The CDC has nine ways of monitoring influenza. Some focus on people who die from flu-like illness - one tracking deaths of children, another counting pneumonia and flu deaths of all ages in 122 cities.
Other systems gather flu-testing information from labs across the country. And some rely on reports of flu-like illness from hospital emergency departments and from estimates from state and territorial health officials.
Those systems combine to give a good general picture of whether more or fewer people are going to the doctor with flu, and how often lab samples are showing swine flu as compared to other respiratory bugs, health officials say.
There are problems that make even that data incomplete or inaccurate.

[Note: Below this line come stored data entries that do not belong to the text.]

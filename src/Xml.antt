-- ===== src/Xml.antt =====
-- Entities of XML: `xml_entity_encode` of src/xml-rpc.c, which writes them, and `rxml_decode_string` of
-- src/rxml.c, which reads them.
pub mod RoundTrip
pub mod Answer
mod Tests
use fireflymediaserver.Prelude.{
  ℕ, zero, suc, ◌%◌, Bool, true, false, [], ◌∷◌, ◌++◌, Option, none, some, ◌==◌, if◌then◌else◌,
  length, Bytes, codes,
}
use fireflymediaserver.CString.{strip_prefix}
use fireflymediaserver.SmartParser.State.{Outcome, done, overrun, out_of_fuel, ◌>>=◌}

-- The switch on a character.
unfoldable pub entity : ℕ → Bytes
entity c =
    if c == b'>'
    then codes "&gt;"
    else if c == b'<'
    then codes "&lt;"
    else if c == b'"'
    then codes "&quot;"
    else if c == b'\''
    then codes "&apos;"
    else if c == b'&'
    then codes "&amp;"
    else c ∷ []

unfoldable pub xml_entity_encode : Bytes → Bytes
unfolding entity
xml_entity_encode [] = []
xml_entity_encode (c ∷ s) = entity c ++ xml_entity_encode s

-- What stands behind a text, with the character that the text is for.
abbrev pub found : Bytes → ℕ → Bytes → Option (ℕ × Bytes)
found name c s = elim (strip_prefix name s) [ none ↦ none | some rest ↦ some (c, rest) ]

abbrev pub or_else : Option (ℕ × Bytes) → Option (ℕ × Bytes) → Option (ℕ × Bytes)
or_else none other = other
or_else (some x) other = some x

-- The five named entities, at an "&".
unfoldable pub named : Bytes → Option (ℕ × Bytes)
unfolding strip_prefix
named s = or_else (found (codes "&gt;") b'>' s) (
    or_else (found (codes "&lt;") b'<' s) (
      or_else (found (codes "&amp;") b'&' s)
        (or_else (found (codes "&quot;") b'"' s) (found (codes "&apos;") b'\'' s))))

-- The tests on `src[3]`, `src[4]` and `src[5]`, where the text starts at `src[2]`.
unfoldable pub semicolon : Bytes → Outcome (Option Bytes)
semicolon (x ∷ c3 ∷ []) = if c3 == b';' then done (some []) else overrun
semicolon (x ∷ c3 ∷ c4 ∷ []) =
    if c3 == b';' then done (some (c4 ∷ [])) else if c4 == b';' then done (some []) else done none
semicolon (x ∷ c3 ∷ c4 ∷ c5 ∷ s) =
    if c3 == b';'
    then done (some (c4 ∷ c5 ∷ s))
    else if c4 == b';'
    then done (some (c5 ∷ s))
    else if c5 == b';'
    then done (some s)
    else done none
semicolon s = overrun

abbrev pub behind : ℕ → Outcome (Option Bytes) → Outcome (Option Bytes)
behind c rest = do r ← rest; elim r [ none ↦ done none | some s ↦ done (some (c ∷ s)) ]

module _ (sscanf : ℕ → Bytes → Option ℕ) where
  -- `sscanf(text,"%d;",&cval)` gives `none` for 0, and else what `cval` holds then.
  unfoldable pub numbered : ℕ → Bytes → Outcome (Option (ℕ × Bytes))
  unfolding semicolon
  numbered cval (amp ∷ x ∷ text) = elim (sscanf cval text) [
    | none ↦ done none
    | some value ↦ do
      rest ← semicolon text
      elim rest [ none ↦ done none | some s ↦ done (some (value, s)) ]
  ]
  numbered cval s = overrun

  -- The loop. A round reads at least one character, so their number is fuel enough.
  unfoldable pub decode_from : ℕ → ℕ → Bytes → Outcome (Option Bytes)
  unfolding named numbered
  decode_from fuel cval [] = done (some [])
  decode_from zero cval (c ∷ s) = out_of_fuel
  decode_from (suc fuel) cval (c ∷ s) =
      let next = decode_from fuel in
      if c == b'&'
      then elim (named (c ∷ s)) [
        | some (d, rest) ↦ behind d (next cval rest)
        | none ↦ do
          r ← numbered cval (c ∷ s)
          elim r [ none ↦ done none | some (d, rest) ↦ behind (d % 256) (next d rest) ]
      ]
      else behind c (next cval s)

  -- `cval` starts with what the stack holds. The result is the string, or `none` for FALSE.
  unfoldable pub rxml_decode_string : ℕ → Bytes → Outcome (Option Bytes)
  unfolding decode_from
  rxml_decode_string cval string = decode_from (length string) cval string
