-- ===== src/Xml/Answer.antt =====
-- The fuel of `rxml_decode_string` of src/rxml.c.
use fireflymediaserver.Prelude.{
  ℕ, zero, suc, ◌+◌, ◌≤◌, ◌<◌, ◌≡◌, ◌⊎◌, inl, inr, refl, [], ◌∷◌, Option, none, some, Option-cases,
  ◌==◌, length, Bytes, codes, arith, ◌%◌, if_cases,
}
use fireflymediaserver.CString.{strip_prefix}
use fireflymediaserver.SmartParser.State.{Outcome, done, overrun, ◌>>=◌}
use fireflymediaserver.Xml.{
  named, found, or_else, semicolon, numbered, decode_from, behind, rxml_decode_string,
}

-- It returns, or reads behind the NUL, where the model stops and the code goes on.
abbrev pub HasAnswer : {A : Type 0} → Outcome A → Type 0
HasAnswer {A = A} o = ((r : A) × (o ≡ done r)) ⊎ (o ≡ overrun)

length-strip_prefix : (p s r : Bytes) → strip_prefix p s ≡ some r → length s ≡ length p + length r
unfolding strip_prefix
length-strip_prefix [] s r h = ground arith
length-strip_prefix (x ∷ p) [] r h = cc
length-strip_prefix (x ∷ p) (c ∷ s) r h = ground (arith, length-strip_prefix p s r)

length-found :
    (x : ℕ) (p s r : Bytes) (c d : ℕ) → found (x ∷ p) c s ≡ some (d, r) → length r < length s
length-found x p s r c d h = elim (Option-cases (strip_prefix (x ∷ p) s)) [
  | inl e ↦ ground (arith, e)
  | inr (t, e) ↦ ground (arith, e, length-strip_prefix (x ∷ p) s t e)
]

or_gives :
    {P : Type 0} (a b : Option (ℕ × Bytes)) (x : ℕ × Bytes)
    → or_else a b ≡ some x
    → (a ≡ some x → P)
    → (b ≡ some x → P)
    → P
or_gives none b x h f g = g h
or_gives (some y) b x h f g = f h

length-named : (s r : Bytes) (d : ℕ) → named s ≡ some (d, r) → length r < length s
unfolding named
length-named s r d h =
    or_gives (found (codes "&gt;") b'>' s) _ (d, r) h (length-found b'&' (codes "gt;") s r b'>' d)
      (λ h1.
        or_gives (found (codes "&lt;") b'<' s) _ (d, r) h1
          (length-found b'&' (codes "lt;") s r b'<' d)
          (λ h2.
            or_gives (found (codes "&amp;") b'&' s) _ (d, r) h2
              (length-found b'&' (codes "amp;") s r b'&' d)
              (λ h3.
                or_gives (found (codes "&quot;") b'"' s) _ (d, r) h3
                  (length-found b'&' (codes "quot;") s r b'"' d)
                  (length-found b'&' (codes "apos;") s r b'\'' d))))

semicolon-HasAnswer : (s : Bytes) → HasAnswer (semicolon s)
unfolding semicolon
semicolon-HasAnswer [] = inr refl
semicolon-HasAnswer (a ∷ []) = inr refl
semicolon-HasAnswer (a ∷ b ∷ []) =
    if_cases HasAnswer (b == b';') (λ e. inl (_, refl)) (λ e. inr refl)
semicolon-HasAnswer (a ∷ b ∷ c ∷ []) =
    if_cases HasAnswer (b == b';') (λ e. inl (_, refl))
      (λ e. if_cases HasAnswer (c == b';') (λ f. inl (_, refl)) (λ f. inl (_, refl)))
semicolon-HasAnswer (a ∷ b ∷ c ∷ d ∷ s) =
    if_cases HasAnswer (b == b';') (λ e. inl (_, refl))
      (λ e.
        if_cases HasAnswer (c == b';') (λ f. inl (_, refl))
          (λ f. if_cases HasAnswer (d == b';') (λ g. inl (_, refl)) (λ g. inl (_, refl))))

length-semicolon : (s r : Bytes) → semicolon s ≡ done (some r) → length r ≤ length s
unfolding semicolon
length-semicolon [] r h = cc
length-semicolon (a ∷ []) r h = cc
length-semicolon (a ∷ b ∷ []) r h = ground arith
length-semicolon (a ∷ b ∷ c ∷ []) r h = ground arith
length-semicolon (a ∷ b ∷ c ∷ d ∷ s) r h = ground arith

behind-HasAnswer : (c : ℕ) (o : Outcome (Option Bytes)) → HasAnswer o → HasAnswer (behind c o)
behind-HasAnswer c o (inl (none, e)) = inl (none, rw e refl)
behind-HasAnswer c o (inl (some s, e)) = inl (some (c ∷ s), rw e refl)
behind-HasAnswer c o (inr e) = inr (rw e refl)

abbrev after_number :
    (ℕ → Bytes → Outcome (Option Bytes)) → Option (ℕ × Bytes) → Outcome (Option Bytes)
after_number next none = done none
after_number next (some (d, r)) = behind (d % 256) (next d r)

abbrev after_amp :
    (ℕ → Bytes → Outcome (Option Bytes))
    → ℕ
    → Outcome (Option (ℕ × Bytes))
    → Option (ℕ × Bytes)
    → Outcome (Option Bytes)
after_amp next cval m none = m >>= after_number next
after_amp next cval m (some (d, r)) = behind d (next cval r)

-- An "&", where the loop answers on every shorter text.
amp-HasAnswer :
    (next : ℕ → Bytes → Outcome (Option Bytes)) (cval n : ℕ) (m : Outcome (Option (ℕ × Bytes)))
    (o : Option (ℕ × Bytes))
    → ((v : ℕ) (r : Bytes) → length r < n → HasAnswer (next v r))
    → ((d : ℕ) (r : Bytes) → o ≡ some (d, r) → length r < n)
    → ((d : ℕ) × (r : Bytes) × (m ≡ done (some (d, r))) × (length r < n))
      ⊎ ((m ≡ done none) ⊎ (m ≡ overrun))
    → HasAnswer (after_amp next cval m o)
amp-HasAnswer next cval n m (some (d, r)) rec short num =
    behind-HasAnswer d (next cval r) (rec cval r (short d r refl))
amp-HasAnswer next cval n m none rec short (inl (d, r, e, l)) =
    rw e (behind-HasAnswer (d % 256) (next d r) (rec d r l))
amp-HasAnswer next cval n m none rec short (inr (inl e)) = inl (none, rw e refl)
amp-HasAnswer next cval n m none rec short (inr (inr e)) = inr (rw e refl)

module _ (sscanf : ℕ → Bytes → Option ℕ) where
  numbered-HasAnswer :
      (cval : ℕ) (s : Bytes)
      → ((d : ℕ) × (r : Bytes) × (numbered sscanf cval s ≡ done (some (d, r)))
          × (length r < length s))
        ⊎ ((numbered sscanf cval s ≡ done none) ⊎ (numbered sscanf cval s ≡ overrun))
  unfolding numbered
  numbered-HasAnswer cval [] = inr (inr refl)
  numbered-HasAnswer cval (a ∷ []) = inr (inr refl)
  numbered-HasAnswer cval (a ∷ x ∷ text) = elim (Option-cases (sscanf cval text)) [
    | inl e ↦ inr (inl (rw (numbered, e) refl))
    | inr (value, e) ↦ elim (semicolon-HasAnswer text) [
      | inl (none, f) ↦ inr (inl (rw (numbered, e, f) refl))
      | inl (some r, f) ↦
          inl (value, r, rw (numbered, e, f) refl, omega (arith, length-semicolon text r f))
      | inr f ↦ inr (inr (rw (numbered, e, f) refl))
    ]
  ]

  decode_from-HasAnswer :
      (fuel cval : ℕ) (s : Bytes) → length s ≤ fuel → HasAnswer (decode_from sscanf fuel cval s)
  unfolding decode_from
  decode_from-HasAnswer fuel cval [] h = inl (some [], refl)
  decode_from-HasAnswer zero cval (c ∷ s) h = absurd (omega arith)
  decode_from-HasAnswer (suc fuel) cval (c ∷ s) h =
      if_cases HasAnswer (c == b'&')
        (λ e.
          amp-HasAnswer (decode_from sscanf fuel) cval (suc (length s))
            (numbered sscanf cval (c ∷ s)) (named (c ∷ s))
            (λ v r l. decode_from-HasAnswer fuel v r (omega arith))
            (λ d r n. length-named (c ∷ s) r d n) (numbered-HasAnswer cval (c ∷ s)))
        (λ e.
          behind-HasAnswer c (decode_from sscanf fuel cval s)
            (decode_from-HasAnswer fuel cval s (omega arith)))

  -- The model does not run out of fuel: it returns, or stops at a read behind the NUL.
  pub rxml_decode_string-HasAnswer :
      (cval : ℕ) (s : Bytes) → HasAnswer (rxml_decode_string sscanf cval s)
  unfolding rxml_decode_string
  rxml_decode_string-HasAnswer cval s = decode_from-HasAnswer (length s) cval s (omega arith)
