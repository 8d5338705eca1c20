-- ===== src/Xml/RoundTrip.antt =====
-- Texts with their special characters as entities, through src/xml-rpc.c and src/rxml.c.
use fireflymediaserver.Prelude.{
  ℕ, zero, suc, ◌+◌, ◌*◌, ◌≤◌, ◌<◌, ◌≡◌, ◌∙◌, refl, ap, true, false, [], ◌∷◌, ◌++◌, Option, some,
  ◌==◌, ==_iff, length, length-append, subst, sym, append_assoc, Bytes, codes, arith, if_cases,
}
use fireflymediaserver.CString.{strip_prefix}
use fireflymediaserver.SmartParser.State.{done, overrun}
use fireflymediaserver.Xml.{
  entity, xml_entity_encode, named, numbered, decode_from, behind, rxml_decode_string,
}

-- A character, as an entity or as itself.
data Entity : ℕ → Bytes → Type 0 where
  gt : Entity b'>' (codes "&gt;")
  lt : Entity b'<' (codes "&lt;")
  quot : Entity b'"' (codes "&quot;")
  apos : Entity b'\'' (codes "&apos;")
  amp : Entity b'&' (codes "&amp;")
  plain : {c : ℕ} → (c == b'&') ≡ false → Entity c (c ∷ [])

is_code : (c d : ℕ) (b : Bytes) → Entity d b → (c == d) ≡ true → Entity c b
is_code c d b h e = subst (λ x. Entity x b) (sym ((==_iff c d).0 e)) h

entity-Entity : (c : ℕ) → Entity c (entity c)
unfolding entity
entity-Entity c = if_cases (Entity c) (c == b'>') (is_code c b'>' _ gt) (λ a.
    if_cases (Entity c) (c == b'<') (is_code c b'<' _ lt) (λ b.
      if_cases (Entity c) (c == b'"') (is_code c b'"' _ quot) (λ d.
        if_cases (Entity c) (c == b'\'') (is_code c b'\'' _ apos)
          (λ e. if_cases (Entity c) (c == b'&') (is_code c b'&' _ amp) plain))))

length-entity : (c : ℕ) → (1 ≤ length (entity c)) × (length (entity c) ≤ 6)
unfolding entity
length-entity c = (ground arith, ground arith)

length-xml_entity_encode :
    (s : Bytes)
    → (length s ≤ length (xml_entity_encode s)) × (length (xml_entity_encode s) ≤ 6 * length s)
unfolding xml_entity_encode
length-xml_entity_encode [] = (omega arith, omega arith)
length-xml_entity_encode (c ∷ s) =
    let (l1, u1) = length-entity c in
    let (l, u) = length-xml_entity_encode s in
    (
      omega (arith, length-append (entity c) (xml_entity_encode s)),
      omega (arith, length-append (entity c) (xml_entity_encode s)),
    )

module _ (sscanf : ℕ → Bytes → Option ℕ) where
  decode-Entity :
      (fuel cval c : ℕ) (b s : Bytes)
      → Entity c b
      → decode_from sscanf (suc fuel) cval (b ++ s) ≡ behind c (decode_from sscanf fuel cval s)
  unfolding decode_from named strip_prefix
  decode-Entity fuel cval _ _ s gt = refl
  decode-Entity fuel cval _ _ s lt = refl
  decode-Entity fuel cval _ _ s quot = refl
  decode-Entity fuel cval _ _ s apos = refl
  decode-Entity fuel cval _ _ s amp = refl
  decode-Entity fuel cval c _ s (plain h) = rw h refl

  decode-encode :
      (fuel cval : ℕ) (s : Bytes)
      → length s ≤ fuel
      → decode_from sscanf fuel cval (xml_entity_encode s) ≡ done (some s)
  unfolding xml_entity_encode decode_from
  decode-encode fuel cval [] h = refl
  decode-encode zero cval (c ∷ s) h = absurd (omega arith)
  decode-encode (suc fuel) cval (c ∷ s) h =
      decode-Entity fuel cval c (entity c) (xml_entity_encode s) (entity-Entity c)
      ∙ ap (behind c) (decode-encode fuel cval s (omega arith))

  -- A text that `xml_entity_encode` wrote, which fits in the memory that it allocated, is decoded to
  -- itself.
  pub rxml_decode_string-xml_entity_encode :
      (cval : ℕ) (s : Bytes)
      → (rxml_decode_string sscanf cval (xml_entity_encode s) ≡ done (some s))
        × (length (xml_entity_encode s) < 6 * length s + 1)
  unfolding rxml_decode_string
  rxml_decode_string-xml_entity_encode cval s =
      let (l, u) = length-xml_entity_encode s in
      (decode-encode (length (xml_entity_encode s)) cval s l, omega arith)

  decode-cut :
      (fuel cval : ℕ) (s : Bytes)
      → length s < fuel
      → decode_from sscanf fuel cval (xml_entity_encode s ++ codes "&") ≡ overrun
  unfolding xml_entity_encode decode_from named strip_prefix numbered
  decode-cut zero cval s h = absurd (omega arith)
  decode-cut (suc fuel) cval [] h = refl
  decode-cut (suc fuel) cval (c ∷ s) h =
      rw (append_assoc (entity c) (xml_entity_encode s) (codes "&")) (
        decode-Entity fuel cval c (entity c) (xml_entity_encode s ++ codes "&") (entity-Entity c)
        ∙ ap (behind c) (decode-cut fuel cval s (omega arith)))

  -- A text that ends in an "&" is read behind its NUL.
  pub rxml_decode_string-cut :
      (cval : ℕ) (s : Bytes)
      → rxml_decode_string sscanf cval (xml_entity_encode s ++ codes "&") ≡ overrun
  unfolding rxml_decode_string
  rxml_decode_string-cut cval s =
      let (l, u) = length-xml_entity_encode s in
      decode-cut (length (xml_entity_encode s ++ codes "&")) cval s
        (omega (arith, length-append (xml_entity_encode s) (codes "&")))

Rapid flu tests - which are used in counting hospitalizations - are often wrong when they indicate a patient doesn't have swine flu, CDC studies have shown. In some cases, flu or swine flu was only confirmed at autopsy. But most deaths are not autopsied.
These problems are not unique to the United States. The World Health Organization also stopped counting cases in July, after deciding that tracking individual swine flu cases was too overwhelming for countries where the virus was spreading widely. The WHO has continued to update swine flu reports, but with the disclaimer that since countries are no longer required to test and report cases, WHO's numbers underestimate.
Britain also releases weekly swine flu updates, but the numbers are estimates based on how many people go to their doctors with flu-like illness, as well as calls logged to the national flu service.
Despite resource limitations and data imperfections, experts say the U.S. system is good enough to alert the experts when major changes occur in the pandemic.
"There will always be an error factor, misdiagnosis, misclassifications," said Pestronk, formerly the head of a county health department in Michigan. "We'll never be at 100 percent of people getting tested. The question is what's good enough for purposes of planning and acting on the burden of disease."